= Saira Wasim =

Saira Wasim is a contemporary artist from Lahore, Pakistan. She currently lives in United States. Wasim uses the miniature style of painting, pioneered by the Persians but extensively used in South Asia, to make primarily political and cultural art. Wasim's art has been shown in a number of museums including the Whitney Museum of American Art, Brooklyn Museum of Art, and Asian Art Museum.

== Biography ==
Wasim went to National College of Arts (in Lahore), from where she graduated with a Bachelors in Fine Arts with focus in miniature painting in 1999. Dawn art critic Ali Adil Khan describes her as part of "magnificent seven" along with Muhammed Imran Qureshi, Tazeen Qayyum, Aisha Khalid, Talha Rathore, Nusra Latif Qureshi, and Reeta Saeed- who brought back miniatures

== Artistic approach ==
Wasim draws Persian Miniatures to make devastating political commentary.

Wasim has stated:

"My work uses the contemporary miniature form to explore social and political issues that divide the modern world.
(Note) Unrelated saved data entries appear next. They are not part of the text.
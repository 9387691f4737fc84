-- ===== src/Session/Stream.antt =====
-- pkg/session/session.go: Read and Write of a ResumableStream. Each round of their loops is given
-- by what it meets: the flag and the inner stream as they are then, the result of the inner call,
-- and, for the wait, the clock and the moment at which the round's `ready` channel closes. The
-- loops run over the rounds to come; `none` means that they have not returned within them.
-- Times are milliseconds.
pub mod Writing
pub mod Reading
mod Tests
use outrelay_agent.Base.{
  ℕ, ◌+◌, Bool, true, false, ◌==◌, ltb, leb, if◌then◌else◌, not, Option, none, some, List, [], ◌∷◌,
  length, take, drop,
}

pub data IoError : Type 0 where
  eof stream_lost : IoError
  other_error : ℕ → IoError

abbrev pub resume_retry_window : ℕ
resume_retry_window = 30000

-- waitForResume: `ready_at` is when `ready` closes, if it does.
unfoldable pub wait_for_resume : (now deadline : ℕ) → Option ℕ → Bool
wait_for_resume now deadline ready_at =
    if leb deadline now then false else elim ready_at [ none ↦ false | some t ↦ ltb t deadline ]

-- One round of Write. `accepts` is the n of the inner Write, which io.Writer bounds by the length
-- of its argument.
pub record WriteRound : Type 0 where
  pub abandoned : Bool
  pub accepts : ℕ
  pub error : Option IoError
  pub now : ℕ
  pub ready_at : Option ℕ

-- What Write returns, and the slices that it passes to OnWrite, in order.
pub record Written : Type 0 where
  pub count : ℕ
  pub error : Option IoError
  pub slices : List (List ℕ)

-- OnWrite is called for a count above 0 only.
record_slice : List ℕ → Written → Written
record_slice [] w = w
record_slice (b ∷ bs) w = record w { slices = (b ∷ bs) ∷ w.slices }

record_in : List ℕ → Option Written → Option Written
record_in bs none = none
record_in bs (some w) = some (record_slice bs w)

returned : ℕ → Option IoError → Option Written
returned n e = some (record { count = n; error = e; slices = [] })

-- The rest of a round, after the inner Write: `written` and `rest` are updated, and `again` is what
-- the following rounds do.
after_write : WriteRound → (deadline written : ℕ) → List ℕ → Option Written → Option Written
unfolding returned
after_write r deadline written rest again = elim rest [
  | [] ↦ returned written none
  | b ∷ bs ↦ elim r.error [
    | none ↦ again
    | some eof ↦ returned written (some eof)
    | some stream_lost ↦
        if wait_for_resume r.now deadline r.ready_at
        then again
        else returned written (some stream_lost)
    | some (other_error n) ↦
        if wait_for_resume r.now deadline r.ready_at
        then again
        else returned written (some (other_error n))
  ]
]

-- `rest` is p[written:].
write_loop : List WriteRound → (deadline written : ℕ) → List ℕ → Option Written
unfolding after_write record_in record_slice returned
write_loop rounds deadline written [] = returned written none
write_loop [] deadline written (b ∷ bs) = none
write_loop (r ∷ rounds) deadline written (b ∷ bs) =
    let rest = drop r.accepts (b ∷ bs) in
    let slice = take r.accepts (b ∷ bs) in
    let again = write_loop rounds deadline (written + length slice) rest in
    if r.abandoned
    then returned written (some stream_lost)
    else record_in slice (after_write r deadline (written + length slice) rest again)

unfoldable pub write : (start : ℕ) → List WriteRound → List ℕ → Option Written
unfolding write_loop
write start rounds p = write_loop rounds (start + resume_retry_window) 0 p

-- One round of Read: the bytes and the error of the inner Read.
pub record ReadRound : Type 0 where
  pub abandoned : Bool
  pub bytes : List ℕ
  pub error : Option IoError
  pub now : ℕ
  pub ready_at : Option ℕ

-- What Read returns; the count that it passes to OnRead is the length of `bytes`, if that is not 0.
pub record WasRead : Type 0 where
  pub bytes : List ℕ
  pub error : Option IoError

failed : Option IoError → Option WasRead
failed e = some (record { bytes = []; error = e })

-- The end of a round that read no byte.
after_read : ReadRound → ℕ → Option WasRead → Option WasRead
unfolding failed
after_read r deadline again = elim r.error [
  | none ↦ failed none
  | some eof ↦ failed (some eof)
  | some stream_lost ↦
      if wait_for_resume r.now deadline r.ready_at then again else failed (some stream_lost)
  | some (other_error n) ↦
      if wait_for_resume r.now deadline r.ready_at then again else failed (some (other_error n))
]

read_loop : List ReadRound → ℕ → Option WasRead
unfolding after_read failed
read_loop [] deadline = none
read_loop (r ∷ rounds) deadline =
    let again = read_loop rounds deadline in
    if r.abandoned then failed (some stream_lost) else elim r.bytes [
      | [] ↦ after_read r deadline again
      | b ∷ bs ↦ some (record { bytes = b ∷ bs; error = r.error })
    ]

unfoldable pub read : (start : ℕ) → List ReadRound → Option WasRead
unfolding read_loop
read start rounds = read_loop rounds (start + resume_retry_window)
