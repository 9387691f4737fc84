-- ===== src/Session/Stream/Reading.antt =====
-- Read: what it gives its caller, and how long it holds a stream whose transport has failed.
use outrelay_agent.Base.{
  ℕ, ◌+◌, ◌≤◌, ◌≡◌, ◌≢◌, true, false, none, some, List, [], ◌∷◌, ◌++◌, All, arith,
}
use outrelay_agent.Session.Stream.{
  IoError, eof, stream_lost, other_error, ReadRound, read, read_loop, wait_for_resume,
  resume_retry_window,
}

-- A round in which the transport fails and a new inner stream comes in time.
pub record IsResumed (deadline : ℕ) (r : ReadRound) : Type 0 where
  pub attached : r.abandoned ≡ false
  pub no_bytes : r.bytes ≡ []
  pub broken : (r.error ≢ none) × (r.error ≢ some eof)
  pub woken : wait_for_resume r.now deadline r.ready_at ≡ true

read_loop-resumed :
    (deadline : ℕ) (r : ReadRound) (rounds : List ReadRound)
    → IsResumed deadline r
    → read_loop (r ∷ rounds) deadline ≡ read_loop rounds deadline
unfolding read_loop
read_loop-resumed deadline r rounds h = ground (arith, h.attached, h.no_bytes, h.broken, h.woken)

read_loop-data :
    (deadline : ℕ) (pre post : List ReadRound) (r : ReadRound) (b : ℕ) (bs : List ℕ)
    → All (IsResumed deadline) pre
    → r.abandoned ≡ false
    → r.bytes ≡ b ∷ bs
    → read_loop (pre ++ r ∷ post) deadline ≡ some (record { bytes = b ∷ bs; error = r.error })
unfolding read_loop
read_loop-data deadline [] post r b bs h here got = ground arith
read_loop-data deadline (q ∷ pre) post r b bs h here got = ground (
  arith,
  read_loop-resumed deadline q (pre ++ r ∷ post) h.0,
  read_loop-data deadline pre post r b bs h.1 here got,
)

-- Failures of the transport that are mended before the deadline do not show: Read returns the bytes
-- of the first inner stream that has some.
pub read_survives :
    (start : ℕ) (pre post : List ReadRound) (r : ReadRound) (b : ℕ) (bs : List ℕ)
    → All (IsResumed (start + resume_retry_window)) pre
    → r.abandoned ≡ false
    → r.bytes ≡ b ∷ bs
    → read start (pre ++ r ∷ post) ≡ some (record { bytes = b ∷ bs; error = r.error })
unfolding read
read_survives start pre post r b bs h here got =
    read_loop-data (start + resume_retry_window) pre post r b bs h here got

-- The window runs from the start of the call: a Read that has been parked in its inner stream for
-- the whole of it returns the first failure of the transport, also when the new inner stream is
-- there at once.
pub read_no_window :
    (start : ℕ) (r : ReadRound) (rounds : List ReadRound) (e : IoError)
    → r.abandoned ≡ false
    → r.bytes ≡ []
    → r.error ≡ some e
    → start + resume_retry_window ≤ r.now
    → read start (r ∷ rounds) ≡ some (record { bytes = []; error = some e })
unfolding read wait_for_resume
read_no_window start r rounds eof here nothing broken late = ground arith
read_no_window start r rounds stream_lost here nothing broken late = ground arith
read_no_window start r rounds (other_error n) here nothing broken late = ground arith
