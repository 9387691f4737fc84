-- ===== src/Session/Stream/Writing.antt =====
-- Write: the slices that it records are, in order, the prefix of its argument that it reports.
use mathlib.Core.List.{flatten, append_assoc}
use outrelay_agent.Base.{
  ℕ, ◌+◌, ◌≤◌, ◌<◌, ◌≡◌, ◌≢◌, refl, ap, sym, subst, ◌∙◌, Bool, if◌then◌else◌, true, false,
  Bool-cases, inl, inr, Option, none, some, Option-cases, List, [], ◌∷◌, ◌++◌, length, take, drop,
  take-append-drop, length-append, length-drop, ◌↔◌, ◌⊎◌, All, arith,
}
use outrelay_agent.Strings.Laws.{take-length}
use outrelay_agent.Session.Stream.{
  IoError, eof, stream_lost, other_error, WriteRound, Written, write, write_loop, after_write,
  record_in, record_slice, returned, wait_for_resume, resume_retry_window,
}

-- What a Write of `rest` after `written` bytes may return.
pub record Accounts (written : ℕ) (rest : List ℕ) (w : Written) : Type 0 where
  pub left : List ℕ
  pub recorded : flatten w.slices ++ left ≡ rest
  pub counted : w.count + length left ≡ written + length rest
  pub complete : (w.error ≡ none) ↔ (left ≡ [])

Accounts-record_slice :
    (written : ℕ) (slice rest : List ℕ) (w : Written)
    → Accounts (written + length slice) rest w
    → Accounts written (slice ++ rest) (record_slice slice w)
unfolding record_slice flatten
Accounts-record_slice written [] rest w a = record {
  left = a.left;
  recorded = a.recorded;
  counted = omega (arith, a.counted);
  complete = a.complete;
}
Accounts-record_slice written (b ∷ bs) rest w a = record {
  left = a.left;
  recorded = ap (◌∷◌ b) (append_assoc bs (flatten w.slices) a.left ∙ ap (λ r. bs ++ r) a.recorded);
  counted = omega (arith, a.counted, length-append bs rest);
  complete = a.complete;
}

-- Of each result that the rounds after this one may have.
abbrev AccountsIn : ℕ → List ℕ → Option Written → Type 0
AccountsIn written rest none = Unit {0}
AccountsIn written rest (some w) = Accounts written rest w

AccountsIn-record_in :
    (written : ℕ) (slice rest : List ℕ) (o : Option Written)
    → AccountsIn (written + length slice) rest o
    → AccountsIn written (slice ++ rest) (record_in slice o)
unfolding record_in
AccountsIn-record_in written slice rest none a = tt
AccountsIn-record_in written slice rest (some w) a = Accounts-record_slice written slice rest w a

stopped :
    (written : ℕ) (b : ℕ) (bs : List ℕ) (e : IoError)
    → AccountsIn written (b ∷ bs) (returned written (some e))
unfolding returned flatten
stopped written b bs e = record {
  left = b ∷ bs;
  recorded = refl;
  counted = refl;
  complete = (λ p. cc, λ p. cc);
}

finished : (written : ℕ) → AccountsIn written [] (returned written none)
unfolding returned flatten
finished written = record {
  left = [];
  recorded = refl;
  counted = refl;
  complete = (λ p. refl, λ p. refl);
}

-- The end of a round keeps the account, if the rounds after it do.
after_write-AccountsIn :
    (r : WriteRound) (deadline written : ℕ) (rest : List ℕ) (again : Option Written)
    → AccountsIn written rest again
    → AccountsIn written rest (after_write r deadline written rest again)
unfolding after_write
after_write-AccountsIn r deadline written [] again a = finished written
after_write-AccountsIn r deadline written (b ∷ bs) again a =
    by_error r.error (wait_for_resume r.now deadline r.ready_at)
  where
    woken :
        (e : IoError) (w : Bool)
        → AccountsIn written (b ∷ bs) (if w then again else returned written (some e))
    woken e true = a
    woken e false = stopped written b bs e

    by_error :
        (e : Option IoError) (w : Bool)
        → AccountsIn written (b ∷ bs) (elim e [
          | none ↦ again
          | some eof ↦ returned written (some eof)
          | some stream_lost ↦ if w then again else returned written (some stream_lost)
          | some (other_error n) ↦ if w then again else returned written (some (other_error n))
        ])
    by_error none w = a
    by_error (some eof) w = stopped written b bs eof
    by_error (some stream_lost) w = woken stream_lost w
    by_error (some (other_error n)) w = woken (other_error n) w

write_loop-AccountsIn :
    (rounds : List WriteRound) (deadline written : ℕ) (rest : List ℕ)
    → AccountsIn written rest (write_loop rounds deadline written rest)
unfolding write_loop
write_loop-AccountsIn [] deadline written [] = finished written
write_loop-AccountsIn (r ∷ rounds) deadline written [] = finished written
write_loop-AccountsIn [] deadline written (b ∷ bs) = tt
write_loop-AccountsIn (r ∷ rounds) deadline written (b ∷ bs) = elim (Bool-cases r.abandoned) [
  | inl gone ↦ rw gone (stopped written b bs stream_lost)
  | inr here ↦
      let slice = take r.accepts (b ∷ bs) in
      let rest = drop r.accepts (b ∷ bs) in
      let now = written + length slice in
      let again = write_loop rounds deadline now rest in
      let kept = AccountsIn-record_in written slice rest (after_write r deadline now rest again) (
        after_write-AccountsIn r deadline now rest again
          (write_loop-AccountsIn rounds deadline now rest)) in
      rw here (
        subst (λ q. AccountsIn written q (record_in slice (after_write r deadline now rest again)))
          (take-append-drop r.accepts (b ∷ bs)) kept)
]

prefix : (p : List ℕ) (w : Written) → Accounts 0 p w → flatten w.slices ≡ take w.count p
prefix p w a =
    let long : length (flatten w.slices) ≡ w.count =
      omega (arith, a.counted, ap length a.recorded, length-append (flatten w.slices) a.left) in
    rw (← a.recorded, ← long) (sym (take-length (flatten w.slices) a.left))

outcome :
    (p : List ℕ) (w : Written)
    → Accounts 0 p w
    → ((w.error ≡ none) × (w.count ≡ length p))
      ⊎ ((e : IoError) × (w.error ≡ some e) × (w.count < length p))
outcome p w a = elim (Option-cases w.error) [
  | inl fine ↦ inl (fine, omega (arith, a.counted, ap length (a.complete.0 fine)))
  | inr (e, failed) ↦ inr (e, failed, unfinished a.left refl e failed)
]
  where
    unfinished :
        (left : List ℕ) → a.left ≡ left → (e : IoError) → w.error ≡ some e → w.count < length p
    unfinished [] same e failed = cc (a.complete.1 same)
    unfinished (b ∷ bs) same e failed = omega (arith, a.counted, ap length same)

-- When Write returns, the slices handed to OnWrite, joined in order, are the first `count` bytes of
-- its argument, through every change of the inner stream; and it reports no error exactly when
-- that is the whole argument.
pub write-exact :
    (start : ℕ) (rounds : List WriteRound) (p : List ℕ) (w : Written)
    → write start rounds p ≡ some w
    → (flatten w.slices ≡ take w.count p)
      × (((w.error ≡ none) × (w.count ≡ length p))
          ⊎ ((e : IoError) × (w.error ≡ some e) × (w.count < length p)))
unfolding write
write-exact start rounds p w e =
    let a =
      subst (AccountsIn 0 p) e (write_loop-AccountsIn rounds (start + resume_retry_window) 0 p) in
    (prefix p w a, outcome p w a)

after_write-returns :
    (r : WriteRound) (deadline written : ℕ) (rest : List ℕ) (again : Option Written)
    → again ≢ none
    → after_write r deadline written rest again ≢ none
unfolding after_write returned
after_write-returns r deadline written [] again h = λ p. cc
after_write-returns r deadline written (b ∷ bs) again h = ground (arith, h)

record_in-returns : (slice : List ℕ) (o : Option Written) → o ≢ none → record_in slice o ≢ none
unfolding record_in
record_in-returns slice none h = h
record_in-returns slice (some w) h = λ p. cc

write_loop-returns :
    (rounds : List WriteRound) (deadline written : ℕ) (rest : List ℕ)
    → All (λ r. 1 ≤ r.accepts) rounds
    → length rest ≤ length rounds
    → write_loop rounds deadline written rest ≢ none
unfolding write_loop returned
write_loop-returns [] deadline written [] busy h = λ p. cc
write_loop-returns (r ∷ rounds) deadline written [] busy h = λ p. cc
write_loop-returns [] deadline written (b ∷ bs) busy h = absurd (omega arith)
write_loop-returns (r ∷ rounds) deadline written (b ∷ bs) busy h = elim (Bool-cases r.abandoned) [
  | inl gone ↦ rw gone (λ p. cc)
  | inr here ↦
      let slice = take r.accepts (b ∷ bs) in
      let rest = drop r.accepts (b ∷ bs) in
      let now = written + length slice in
      rw here (
        record_in-returns slice _ (
          after_write-returns r deadline now rest (write_loop rounds deadline now rest) (
            write_loop-returns rounds deadline now rest busy.1
              (omega (arith, length-drop r.accepts (b ∷ bs), busy.0, h)))))
]

-- Write returns within as many rounds as its argument has bytes, if the inner stream of each round
-- takes at least one byte.
pub write-returns :
    (start : ℕ) (rounds : List WriteRound) (p : List ℕ)
    → All (λ r. 1 ≤ r.accepts) rounds
    → length p ≤ length rounds
    → write start rounds p ≢ none
unfolding write
write-returns start rounds p busy h =
    write_loop-returns rounds (start + resume_retry_window) 0 p busy h
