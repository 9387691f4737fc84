-- ===== src/Session/Stream/Tests.antt =====
-- A write and a read across a change of the inner stream.
use mathlib.Core.List.{flatten}
use outrelay_agent.Base.{◌<◌, ◌≡◌, ◌≢◌, refl, false, none, some, [], ◌∷◌, ◌⊎◌, take, arith}
use outrelay_agent.Session.Stream.{
  IoError, other_error, WriteRound, Written, ReadRound, write, read, wait_for_resume,
}
use outrelay_agent.Session.Stream.Writing.{write-exact, write-returns}
use outrelay_agent.Session.Stream.Reading.{read_survives, read_no_window}

-- Two bytes are taken, then the transport fails; a new one comes at 500 ms.
abbrev cut : WriteRound
cut = record {
  abandoned = false;
  accepts = 2;
  error = some (other_error 1);
  now = 400;
  ready_at = some 500;
}

abbrev whole : WriteRound
whole = record { abandoned = false; accepts = 9; error = none; now = 600; ready_at = none }

abbrev written : Written
written = record { count = 3; error = none; slices = (1 ∷ 2 ∷ []) ∷ (3 ∷ []) ∷ [] }

write_across : write 0 (cut ∷ whole ∷ []) (1 ∷ 2 ∷ 3 ∷ []) ≡ some written
unfolding write wait_for_resume
write_across = refl

write-exact_example :
    (flatten written.slices ≡ take 3 (1 ∷ 2 ∷ 3 ∷ []))
    × (((written.error ≡ none) × (written.count ≡ 3))
        ⊎ ((e : IoError) × (written.error ≡ some e) × (written.count < 3)))
write-exact_example = write-exact 0 (cut ∷ whole ∷ []) (1 ∷ 2 ∷ 3 ∷ []) written write_across

write-returns_example : write 0 (cut ∷ whole ∷ []) (1 ∷ 2 ∷ []) ≢ none
write-returns_example = write-returns 0 (cut ∷ whole ∷ []) (1 ∷ 2 ∷ []) (omega arith) (omega arith)

abbrev lost : ReadRound
lost = record {
  abandoned = false;
  bytes = [];
  error = some (other_error 1);
  now = 29000;
  ready_at = some 29500;
}

abbrev full : ReadRound
full = record { abandoned = false; bytes = 5 ∷ []; error = none; now = 29600; ready_at = none }

read_survives_example : read 0 (lost ∷ full ∷ []) ≡ some (record { bytes = 5 ∷ []; error = none })
unfolding wait_for_resume
read_survives_example =
    read_survives 0 (lost ∷ []) [] full 5 []
      (
        record { attached = refl; no_bytes = refl; broken = ((λ p. cc), (λ p. cc)); woken = refl },
        tt,
      )
      refl refl

-- The same failure, 31 seconds after the call.
abbrev parked : ReadRound
parked = record lost { now = 31000; ready_at = some 31000 }

applied_read_no_window :
    read 0 (parked ∷ full ∷ []) ≡ some (record { bytes = []; error = some (other_error 1) })
applied_read_no_window =
    read_no_window 0 parked (full ∷ []) (other_error 1) refl refl refl (omega arith)
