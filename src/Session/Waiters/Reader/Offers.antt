-- ===== src/Session/Waiters/Reader/Offers.antt =====
-- Every offer on the control stream is answered.
use mathlib.Core.List.{map-append}
use outrelay_agent.Base.{
  ℕ, ◌≡◌, refl, sym, ap, ◌∙◌, Bool, true, false, Option, none, some, Option-cases, inl, inr, List,
  [], ◌∷◌, ◌++◌, map, All, Text, nat_eq,
}
use outrelay_agent.Base.Map.{lookup}
use outrelay_agent.Netip.{Addr}
use outrelay_agent.Orp.{
  Frame, PbCandidate, CandidateList, Positions, hello_frame, hello_ack_frame, register_frame,
  register_ack_frame, open_stream_frame, incoming_stream_frame, stream_accept_frame,
  stream_reject_frame, stream_ready_frame, alloc_granted_frame, checkpoint_frame, resume_frame,
  offer_frame, answer_frame, migrate_frame, addr_query_frame, addr_resp_frame, malformed,
  unknown_frame,
}
use outrelay_agent.Session.Waiters.{
  P2pState, Notice, entries, answer_offer, deliver_answer, deliver_mode, put_answer, put_notice,
}
use outrelay_agent.Session.Waiters.Reader.{
  Output, wrote, punched, punch_target, punch_each, warmup_punch, Control, dispatch,
  apply_checkpoint, control_reader, then_out,
}

unfoldable pub offer_of : Frame → List CandidateList
offer_of (offer_frame o) = o ∷ []
offer_of _ = []

unfoldable pub offers : List (Frame × Bool) → List CandidateList
offers [] = []
offers ((f, ctx_done) ∷ frames) = offer_of f ++ offers frames

-- The frames among the outputs.
pub written : List Output → List Frame
written [] = []
written (wrote f ∷ out) = f ∷ written out
written (punched ip port ∷ out) = written out

-- An answer to an offer with given candidates.
pub reply : List PbCandidate → CandidateList → Frame
reply local o = answer_frame (record { stream_id = o.stream_id; candidates = local })

written-append : (xs ys : List Output) → written (xs ++ ys) ≡ written xs ++ written ys
unfolding written
written-append [] ys = refl
written-append (wrote f ∷ xs) ys = ap (λ l. f ∷ l) (written-append xs ys)
written-append (punched ip port ∷ xs) ys = written-append xs ys

put_answer_local :
    (s : P2pState) (ch : ℕ) (a : CandidateList)
    → (put_answer s ch a).local_candidates ≡ s.local_candidates
unfolding put_answer
put_answer_local s ch a = elim (Option-cases (lookup ch s.answers)) [
  | inl free ↦ rw (free, put_answer) refl
  | inr (old, full) ↦ rw (full, put_answer) refl
]

deliver_answer_local :
    (s : P2pState) (a : CandidateList) → (deliver_answer s a).local_candidates ≡ s.local_candidates
unfolding deliver_answer
deliver_answer_local s a = elim (Option-cases (lookup a.stream_id (entries s.pending_answers))) [
  | inl nobody ↦ rw (nobody, deliver_answer) refl
  | inr (ch, waits) ↦ rw (waits, deliver_answer) (put_answer_local _ ch a)
]

deliver_mode_local :
    (s : P2pState) (id : ℕ) (n : Notice)
    → (deliver_mode s id n).local_candidates ≡ s.local_candidates
unfolding deliver_mode put_notice
deliver_mode_local s id n = elim (Option-cases (lookup id (entries s.pending_mode))) [
  | inl nobody ↦ rw (nobody, deliver_mode) refl
  | inr (ch, waits) ↦ elim (Option-cases (lookup ch s.notices)) [
    | inl free ↦ rw (waits, deliver_mode, free, put_notice) refl
    | inr (old, full) ↦ rw (waits, deliver_mode, full, put_notice) refl
  ]
]

written-punch_each :
    (parse_ip : Text → Option Addr) (cs : List (Option PbCandidate))
    → written (punch_each parse_ip cs) ≡ []
unfolding punch_each written
written-punch_each parse_ip [] = refl
written-punch_each parse_ip (c ∷ cs) = elim (Option-cases (punch_target parse_ip c)) [
  | inl skip ↦ rw (skip, punch_each) (written-punch_each parse_ip cs)
  | inr ((ip, port), e) ↦ rw (e, punch_each) (written-punch_each parse_ip cs)
]

written-warmup_punch :
    (parse_ip : Text → Option Addr) (shared : Bool) (cs : List (Option PbCandidate))
    → written (warmup_punch parse_ip shared cs) ≡ []
unfolding warmup_punch written
written-warmup_punch parse_ip true cs = written-punch_each parse_ip cs
written-warmup_punch parse_ip false cs = refl

module _ (parse_ip : Text → Option Addr) {S : Type 0} (on_checkpoint : S → ℕ → S) where
  checkpoint_local :
      (c : Control S) (cp : Positions)
      → (apply_checkpoint parse_ip on_checkpoint c cp).p2p.local_candidates ≡ c.p2p.local_candidates
  unfolding apply_checkpoint
  checkpoint_local c cp = elim (Option-cases (lookup cp.stream_id c.streams)) [
    | inl unknown ↦ rw (unknown, apply_checkpoint) refl
    | inr (st, known) ↦ rw (known, apply_checkpoint) refl
  ]

  -- A frame leads to the answer to its offer, if it is one, and does not change the candidates.
  dispatch_replies :
      (c : Control S) (f : Frame)
      → (written (dispatch parse_ip on_checkpoint c f).1
          ≡ map (reply c.p2p.local_candidates) (offer_of f))
        × ((dispatch parse_ip on_checkpoint c f).0.p2p.local_candidates ≡ c.p2p.local_candidates)
  unfolding dispatch written offer_of reply answer_offer
  dispatch_replies c (offer_frame o) = (
    ap (λ l. reply c.p2p.local_candidates o ∷ l)
        (written-warmup_punch parse_ip c.shared (map some o.candidates)),
    refl,
  )
  dispatch_replies c (answer_frame a) = (refl, deliver_answer_local c.p2p a)
  dispatch_replies c (checkpoint_frame cp) = (refl, checkpoint_local c cp)
  dispatch_replies c (alloc_granted_frame g) = (refl, deliver_mode_local c.p2p g.stream_id (some g))
  dispatch_replies c (stream_ready_frame id) = (refl, deliver_mode_local c.p2p id none)
  dispatch_replies c (hello_frame a b) = (refl, refl)
  dispatch_replies c hello_ack_frame = (refl, refl)
  dispatch_replies c (register_frame a b) = (refl, refl)
  dispatch_replies c (register_ack_frame) = (refl, refl)
  dispatch_replies c (open_stream_frame o) = (refl, refl)
  dispatch_replies c (incoming_stream_frame i) = (refl, refl)
  dispatch_replies c stream_accept_frame = (refl, refl)
  dispatch_replies c (stream_reject_frame n t) = (refl, refl)
  dispatch_replies c (resume_frame p) = (refl, refl)
  dispatch_replies c (migrate_frame m) = (refl, refl)
  dispatch_replies c (addr_query_frame n) = (refl, refl)
  dispatch_replies c (addr_resp_frame r) = (refl, refl)
  dispatch_replies c (malformed t) = (refl, refl)
  dispatch_replies c (unknown_frame n) = (refl, refl)

  -- While its context is alive, the reader of the control stream writes one answer to each offer,
  -- in the order of the offers, with the offer's stream and the local candidates, and no other
  -- frame, whatever else arrives.
  pub control_reader_replies :
      (c : Control S) (frames : List (Frame × Bool))
      → All (λ f. f.1 ≡ false) frames
      → written (control_reader parse_ip on_checkpoint c frames).1
        ≡ map (reply c.p2p.local_candidates) (offers frames)
  unfolding control_reader written offers then_out
  control_reader_replies c [] alive = refl
  control_reader_replies c ((f, true) ∷ frames) alive = absurd (cc alive.0)
  control_reader_replies c ((f, false) ∷ frames) alive =
      let r = dispatch parse_ip on_checkpoint c f in
      let (out, same) = dispatch_replies c f in
      let rest = control_reader_replies r.0 frames alive.1 in
      written-append r.1 (control_reader parse_ip on_checkpoint r.0 frames).1
      ∙ ap (λ l. l ++ written (control_reader parse_ip on_checkpoint r.0 frames).1) out
      ∙ ap (λ l. map (reply c.p2p.local_candidates) (offer_of f) ++ l)
          (rest ∙ ap (λ cs. map (reply cs) (offers frames)) same)
      ∙ sym (map-append (reply c.p2p.local_candidates) (offer_of f) (offers frames))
This series, Battle for Hearts and Minds, illustrates the clash between imperialism in the west and fundamentalism in the east, and questions the underlying motivations and uneasy alliances that keep this conflict going. My work offers a voice against this ignorance and prejudice. It pleas for social justice, respect, and tolerance through the use of caricature and satire."

The New York Times describes her work as "exquisite political cartoons that conjure William Hogarth and sometimes borrow directly from Norman Rockwell."